Natalie Kelly, CEO of the Florida Association of Managing Entities said her group welcomes the change.
“We applaud the Florida Legislature for passing legislation championing additional transparency within Florida’s behavioral health safety net system, which will show the return on investment of taxpayer dollars achieved by the Managing Entities,” Kelly said.
“On behalf of Florida’s seven Behavioral Health Managing Entities, which oversee the system, we welcome all measures to provide Floridians with the transparency and accountability they deserve so they can see the return on investment of their taxpayer dollars.”

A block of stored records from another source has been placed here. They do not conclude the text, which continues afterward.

-- ===== src/Broker/Informers/Watched.antt =====
-- Which ducks' resources the runnable of `NewBroker` in `client/broker.go` watches after the reports
-- of the informer of the duck type.
use ducks.Prelude.{
  String, ◌≡◌, ◌⊎◌, All, refl, ap, subst, List, [], ◌∷◌, Option, none, some, some_inj, inl, inr,
  Option-cases,
}
use ducks.Prelude.Assoc.{lookup, lookup-nil}
use ducks.Conditions.{Conditions}
use ducks.Api.{Duck}
use ducks.Broker.Informers.{Cache, Event, Informers, no_informers, handle, handle_all, and_then}
use ducks.Broker.Informers.Paired.{handle_all-IsPaired}
use ducks.Broker.Informers.Entries.{
  NeverFails, Deletes, IsLive, announced_here, later, Entry, IsStarted, Has,
}
use ducks.Broker.Informers.Handlers.{handle-Entry, handle-keeps, handle-starts}

module _ (c : Conditions) (k : Cache c.Status) where
  and_then_cases :
      {out : Informers c k × k.World} (o : Option (Informers c k × k.World))
      (f : Informers c k → k.World → Option (Informers c k × k.World))
      → and_then c k o f ≡ some out
      → (st : Informers c k) × (w : k.World) × (o ≡ some (st, w)) × (f st w ≡ some out)
  and_then_cases none f did = absurd (cc did)
  and_then_cases (some (st, w)) f did = (st, w, refl, did)

  module _ (calls : NeverFails c k) (name : String) where
    -- No report is one of the deletion of the name.
    abbrev AreKept : List (Event k.Object) → Type 0
    AreKept es = All (λ x. ¬ Deletes c k name x) es

    handle_all-Entry :
        {i : k.Informer} {reg : k.Registration} (es : List (Event k.Object)) (st : Informers c k)
        (w : k.World) {st' : Informers c k} {w' : k.World}
        → handle_all c k es st w ≡ some (st', w')
        → Entry c k st' name i reg
        → (Entry c k st name i reg × AreKept es) ⊎ IsLive c k (IsStarted c k i reg) name es
    unfolding handle_all
    handle_all-Entry [] st w did entry = inl (rw (ap (λ o. o.0) (some_inj.0 did)) entry, tt)
    handle_all-Entry (e ∷ es) st w did entry =
        let (st₁, w₁, handled, rest) = and_then_cases (handle c k e st w) (handle_all c k es) did in
        elim (handle_all-Entry es st₁ w₁ rest entry) [
          | inr live ↦ inr (later live)
          | inl (there, kept) ↦ elim (handle-Entry c k calls e st w handled there) [
            | inl (before, stays) ↦ inl (before, (stays, kept))
            | inr announces ↦ inr (announced_here announces kept)
          ]
        ]

    handle_all-keeps :
        (es : List (Event k.Object)) (st : Informers c k) (w : k.World) {st' : Informers c k}
        {w' : k.World}
        → handle_all c k es st w ≡ some (st', w')
        → AreKept es
        → Has c k name st
        → Has c k name st'
    unfolding handle_all
    handle_all-keeps [] st w did kept there =
        subst (Has c k name) (ap (λ o. o.0) (some_inj.0 did)) there
    handle_all-keeps (e ∷ es) st w did (stays, kept) there =
        let (st₁, w₁, handled, rest) = and_then_cases (handle c k e st w) (handle_all c k es) did in
        handle_all-keeps es st₁ w₁ rest kept
          (handle-keeps c k calls name e st w handled stays there)

    handle_all-Has :
        {P : Duck c.Status → Type 0} {es : List (Event k.Object)} (st : Informers c k) (w : k.World)
        {st' : Informers c k} {w' : k.World}
        → handle_all c k es st w ≡ some (st', w')
        → IsLive c k P name es
        → Has c k name st'
    unfolding handle_all
    handle_all-Has st w did (announced_here {e} {es} announces kept) =
        let (st₁, w₁, handled, rest) = and_then_cases (handle c k e st w) (handle_all c k es) did in
        handle_all-keeps es st₁ w₁ rest kept (handle-starts c k calls name e st w handled announces)
    handle_all-Has st w did (later {e} {es} live) =
        let (st₁, w₁, handled, rest) = and_then_cases (handle c k e st w) (handle_all c k es) did in
        handle_all-Has st₁ w₁ rest live

  -- Where no call to the cache fails, and after any reports that the handlers could read: an entry of
  -- a name is an informer and a registration that were started for a ready duck of the name, which
  -- was reported with no report of its deletion after that; and if there was such a report then the
  -- name has an entry.
  pub handle_all-IsLive :
      (es : List (Event k.Object)) (w : k.World) (name : String) {st : Informers c k} {w' : k.World}
      → NeverFails c k
      → handle_all c k es (no_informers c k) w ≡ some (st, w')
      → ((i : k.Informer) (reg : k.Registration)
          → Entry c k st name i reg
          → IsLive c k (IsStarted c k i reg) name es)
        × (IsLive c k (λ _. Unit) name es
            → (i : k.Informer) × (reg : k.Registration) × Entry c k st name i reg)
  handle_all-IsLive es w name {st} calls did = (
    (λ i reg entry. elim (handle_all-Entry calls name es (no_informers c k) w did entry) [
      | inl (before, kept) ↦ absurd (cc (lookup-nil {V = k.Informer} name, before.informer))
      | inr live ↦ live
    ]),
    λ live.
        let (i, there) = handle_all-Has calls name (no_informers c k) w did live in
        elim (Option-cases (lookup name st.duck_registrations)) [
          | inl missing ↦
              absurd (cc (((handle_all-IsPaired c k es w did).keys name).0 missing, there))
          | inr (reg, registered) ↦ (i, reg, record { informer = there; registration = registered })
        ],
  )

Under the bill, the Department of Children and Families (DCF) would contract for operational and financial audits of managing entities and would analyze the data provided.
Audits would need to include a review of business practices, personnel, financial records, compensation, services administered, the method of provider payment, expenditures, outcomes, referral patterns and referral volume, provider referral assignments, and key performance measures.
Provider network participation information for DCF’s available bed platform, the Opioid Management System, and the Agency for Health Care Administration Event Notification Service would be required for audits, as well as information on provider network adequacy.
Managing entities would be required to compare administered services with outcomes of expenditures and add them into each audit of the entity’s expenditures and claims, including any Medicaid funding used for behavioral health services.
Claims paid by each managing entity for Medicaid recipients would need to be analyzed and include recommendations to improve the transparency of the system’s performance based on metrics and criteria. Performance standards would be established by both DCF and the managing entities.
DCF and managing entities would further work together to outline success strategies that would avoid admission from acute levels of care, jails, prisons and forensic facilities. These strategies also include ways to integrate behavioral health services within the child welfare system and addressing housing needs of individuals released from a facility who are homeless.
Managing entities would be required to report the numbers and percentages of high utilizers, individuals who receive outpatient services for behavioral health services, and emergency room visits.
Information on the number of individuals able to schedule an appointment within 24 hours, wait times, the incidence of medication errors in treatment plans, rate of readmission, and the number of adverse incidents such as self-harm in both in-patient and outpatient settings would also be reported.